MARCELO ESTÁ CASADO!!...





Sabe do que é feita a maldade da Bruxa do Tempo? Ela enfeitiça as pessoas em nossa volta fazendo-as ver-nos velhos, ainda que nossa imagem não corresponda ao coração quente e jovem que temos no peito.
Ainda que eu me sinta jovem e serelepe, estou com 52 anos... Meus cabelos e do Richard Gere, já não são tão negros, por outro lado, ele tem um charme que eu não tenho. Pena! Estive neste fim de semana em Porto Alegre e tive um domingo diferente e maravilhoso. Fui assistir ao casamento do meu filho Marcelo com a Luciana. Foi muito especial! Um perfume de felicidade e luzes de alegria flutuaram sobre todos nós como bolinhas de sabão enfeitando a festa. Logo no início da cerimônia, para minha surpresa, Marcelo assumiu o teclado, a Luciana o microfone e os dois cantaram canções de amor um para o outro... 
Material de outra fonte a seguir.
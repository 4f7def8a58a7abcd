-- ===== src/Auth/Tokens.antt =====
-- Refresh tokens of services/auth_service.py: how many a user can still use, and what comes of a
-- token that is presented again.
use agri_flow.Prelude.{
  ℕ, ◌≡◌, refl, inl, inr, String, Bool, true, false, none, some, [], ◌∷◌, ltb, ◌==◌, arith,
  Bool-cases, Option-cases, ==_iff, if◌then◌else◌, is_some, head?,
}
use agri_flow.Prelude.Table.{
  Table, lookup, insert, rows_where, update_where, count_by, count_by-insert, count_by-insert_new,
  lookup-insert, IsKeyed, lookup-rows_where,
}
use agri_flow.Errors.{Error, ok, err}
use agri_flow.Exec.{pure, ◌>>=◌, ◌>>◌, Result-cases}
use agri_flow.Exec.Pure.{found, scalar_one_or_none, scalar_one_or_none-some}
use agri_flow.Models.{User, RefreshToken, Db}
use agri_flow.Session.{Action, query, write, Session, World, open_session, get_db}
use agri_flow.Auth.{
  revoke_all, is_of, revoke, is_token_hash, rotate_refresh_token, change_password, issue_token_pair,
  new_token, replaced,
}

abbrev pub live : ℕ → RefreshToken → ℕ
live user_id t = if t.user_id == user_id then (if t.revoked then 0 else 1) else 0

abbrev pub live_tokens : ℕ → Db → ℕ
live_tokens user_id d = count_by (live user_id) d.refresh_tokens

none_live :
    (user_id : ℕ) (t : Table RefreshToken)
    → count_by (live user_id) (update_where (is_of user_id) revoke t) ≡ 0
none_live user_id [] = refl
none_live user_id (x ∷ t) = ground (arith, none_live user_id t)

still_there :
    {V : Type 0} (k : ℕ) (n : V) (i : ℕ) (t : V) (rows : Table V)
    → lookup k rows ≡ none
    → lookup i rows ≡ some t
    → lookup i (insert k n rows) ≡ some t
still_there k n i t rows fresh row = elim (Bool-cases (k == i)) [
  | inl same ↦ absurd (cc ((==_iff k i).0 same))
  | inr apart ↦ rw (lookup-insert, apart) row
]

stored_row :
    {V : Type 0} (p : V → Bool) (i : ℕ) (t : V) (rows : Table V)
    → IsKeyed rows
    → scalar_one_or_none (rows_where p rows) ≡ ok (some (i, t))
    → lookup i rows ≡ some t
stored_row p i t rows keyed one =
    lookup-rows_where p i t [] rows keyed (scalar_one_or_none-some (rows_where p rows) (i, t) one)

-- A password that is changed leaves its user no refresh token that can be used, whoever holds it.
pub change_password-live_tokens :
    (hash_password : String → String) (verify_password : String → String → Bool)
    (needs_rehash : String → Bool) (i : ℕ) (user : User) (current new : String) (s : Session)
    {u : Unit {0}}
    → (change_password hash_password verify_password needs_rehash i user current new s).0 ≡ ok u
    → live_tokens i
        (change_password hash_password verify_password needs_rehash i user current new s).1.db
      ≡ 0
unfolding change_password
change_password-live_tokens hash_password verify_password needs_rehash i user current new s h =
    ground (arith, none_live i s.db.refresh_tokens)

module _ (sha256 : String → String) (create_access_token : ℕ → User → String) (lifetime now : ℕ)
    (token plain : String) (k : ℕ) where
  -- A token that has been rotated away is refused with 401. The handler revokes every token of its
  -- user first, but the request rolls back, so the committed rows are as they were.
  pub rotate_refresh_token-reuse :
      (i : ℕ) (t : RefreshToken) (w : World)
      → rows_where (is_token_hash (sha256 token)) w.committed.refresh_tokens ≡ (i, t) ∷ []
      → t.revoked ≡ true
      → let m = rotate_refresh_token sha256 create_access_token lifetime now token plain k in
        ((get_db m w).0 ≡ err Error.unauthorized)
        × ((m (open_session w)).1.db ≡ revoke_all t.user_id w.committed)
        × ((get_db m w).1.committed ≡ w.committed)
  unfolding rotate_refresh_token get_db
  rotate_refresh_token-reuse i t w one gone = rw (one, gone) (refl, refl, refl)

  conserved :
      (i : ℕ) (t : RefreshToken) (rows : Table RefreshToken) (user_id : ℕ)
      → lookup i rows ≡ some t
      → t.revoked ≡ false
      → lookup k rows ≡ none
      → count_by (live user_id) (
          insert i
            (replaced sha256 create_access_token lifetime plain t)
            (insert k (new_token sha256 create_access_token lifetime now t.user_id plain) rows))
        ≡ count_by (live user_id) rows
  conserved i t rows user_id row usable fresh =
      let n = new_token sha256 create_access_token lifetime now t.user_id plain in
      let still : lookup i (insert k n rows) ≡ some t = still_there k n i t rows fresh row in
      let a =
        count_by-insert (live user_id) i (replaced sha256 create_access_token lifetime plain t) t
          (insert k n rows) still in
      let b = count_by-insert_new (live user_id) k n rows fresh in
      elim (Bool-cases (t.user_id == user_id)) [
        | inl own ↦ omega (arith, rw (usable, own) at a, rw own at b)
        | inr other ↦ omega (arith, rw other at a, rw other at b)
      ]

  -- from the lookup of the user on
  abbrev rest : ℕ → RefreshToken → Action (String × String × ℕ × User)
  rest i t = do
    user ← query (λ d. found (lookup t.user_id d.users) Error.unauthorized)
    (access, refresh) ←
        issue_token_pair sha256 create_access_token lifetime now t.user_id user plain k
    write (λ d. record d {
      refresh_tokens =
          insert i (replaced sha256 create_access_token lifetime refresh t) d.refresh_tokens;
    })
    pure (access, refresh, t.user_id, user)

  issued :
      (i : ℕ) (t : RefreshToken) (s : Session) (a : String × String × ℕ × User) (user_id : ℕ)
      → lookup i s.db.refresh_tokens ≡ some t
      → t.revoked ≡ false
      → (rest i t s).0 ≡ ok a
      → live_tokens user_id (rest i t s).1.db ≡ live_tokens user_id s.db
  unfolding issue_token_pair
  issued i t s a user_id row usable h = elim (Option-cases (lookup t.user_id s.db.users)) [
    | inl missing ↦ absurd (cc (rw missing at h))
    | inr (user, known) ↦
        let h₁ = rw known at h in
        rw known
          (elim (Bool-cases
            (is_some (head? (rows_where (is_token_hash (sha256 plain)) s.db.refresh_tokens)))) [
              | inl clash ↦ absurd (cc (rw clash at h₁))
              | inr new ↦
                  let h₂ = rw new at h₁ in
                  rw new (elim (Option-cases (lookup k s.db.refresh_tokens)) [
                    | inr (old, taken) ↦ absurd (cc (rw taken at h₂))
                    | inl fresh ↦
                        rw fresh (conserved i t s.db.refresh_tokens user_id row usable fresh)
                  ])
            ])
  ]

  -- A rotation that succeeds takes one usable token from its user and gives one: each user has as
  -- many as before. Its condition is that keys are unique.
  pub rotate_refresh_token-live_tokens :
      (s : Session) (a : String × String × ℕ × User) (user_id : ℕ)
      → IsKeyed s.db.refresh_tokens
      → (rotate_refresh_token sha256 create_access_token lifetime now token plain k s).0 ≡ ok a
      → live_tokens user_id
          (rotate_refresh_token sha256 create_access_token lifetime now token plain k s).1.db
        ≡ live_tokens user_id s.db
  unfolding rotate_refresh_token issue_token_pair
  rotate_refresh_token-live_tokens s a user_id keyed h =
      elim (Result-cases
        (scalar_one_or_none (rows_where (is_token_hash (sha256 token)) s.db.refresh_tokens))) [
          | inr (e, many) ↦ absurd (cc (rw many at h))
          | inl (none, absent) ↦ absurd (cc (rw absent at h))
          | inl (some (i, t), one) ↦
              let h₁ = rw one at h in
              let row =
                stored_row (is_token_hash (sha256 token)) i t s.db.refresh_tokens keyed one in
              rw one (elim (Bool-cases t.revoked) [
                | inl gone ↦ absurd (cc (rw gone at h₁))
                | inr usable ↦
                    let h₂ = rw usable at h₁ in
                    rw usable (elim (Bool-cases (ltb t.expires_at now)) [
                      | inl late ↦ absurd (cc (rw late at h₂))
                      | inr early ↦
                          let h₃ = rw early at h₂ in rw early (issued i t s a user_id row usable h₃)
                    ])
              ])
        ]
Eu sabia que estava vivendo um momento histórico da minha família, assim como são os casamentos em todas as famílias, um reinício a continuidade. Uma cerimônia de vida festejada por todos os ancestrais que habitam em nós. Naquele momento eu era o representante dessas gerações, e Marcelo, a ponta dessa lança. Ao pensar nisso me senti muito importante. Após algumas palavras do pastor Walter, Marcelo falou emocionado sobre o amor, de como ele produz em abundancia sentido a vida, que o amor a tudo supera, inclusive as distancias. Nesta hora ele olhou para mim e todos olharam para mim! Respirei fundo, não estava esperando. Depois ele falou com muito carinho da Renata, sua irmã, e quando falou de sua mãe chorou. Quando me dei conta estava chorando também por orgulho de ver que tenho um filho que honra seus pais. Será que algum dia meus pais sentiram esse orgulho de mim? Bem... Foi tudo muito bonito. Passamos anos definindo os contornos de nossos filhos, que filmes irão assistir, em que escola vão estudar, como vão cortar seus cabelos, a cor de suas roupas, a marca das fraldas... e lentamente, como gelo derretendo, vamos minguando nessas decisões, deixamos de ser atores principais para nos tornarmos nobres coadjuvantes. Ainda bem, eu não iria querer passar a minha vida trocando as fraldas do Marcelo. 
Vendo os dois no altar, enxerguei a perfeição de como Deus junta as peças quando permitimos que a sua presença sorria para nós. Tive uma sensação estranha, a mesma que senti no casamento da Renata há sete anos, uma forte sensação de que tudo aquilo diante de mim era um sonho, uma viajem ao futuro... Não pode ser que essa criança esteja se casando, acabei de colocá-la na cama, cobrir seu corpinho até o pescoço, viro-me e ele esta no altar e eu de terno.
Sou um pai boboca que ainda pergunta pelos filhos dizendo: "Onde estão as crianças..." Não sei se quero parar de falar assim, ainda que eles não gostem muito... Meus trinta agora fazem parte apenas das fotografias, mas para onde os anos partiram? Hoje de manhã, segunda-feira, peguei o avião de volta com meu espírito voando feliz do lado de fora do avião, parecia uma pipa com a rabiola curta, rodava e rodava no céu... Podem quebrar minhas pernas, mas nunca farão meu espírito manco. Não temos poder sobre a ação do tempo, mas podemos aprender a apreciar as nuances da vida como a beleza que o sol imprime no céu ao longo do dia. A máquina do tempo quebrou e estou preso nesta época. Nunca mais vou ver minhas crianças novamente, ou só vou encontra-las de novo quando meus netos nascerem? Quem sabe...
Desejo que os desejos de meus filhos sejam mais certeiros que os desejos que desejei. Você não desfaz um combinado com Deus, ele foi claro comigo, os filhos não são meus, pertencem a continuidade.  Tudo vai se desenrolando no tempo e na expectativa prevista, eu só não esperava que os anos passassem tão rápido... Deus me abençoou com meus filhos e com suas promessas, só posso agradecer. 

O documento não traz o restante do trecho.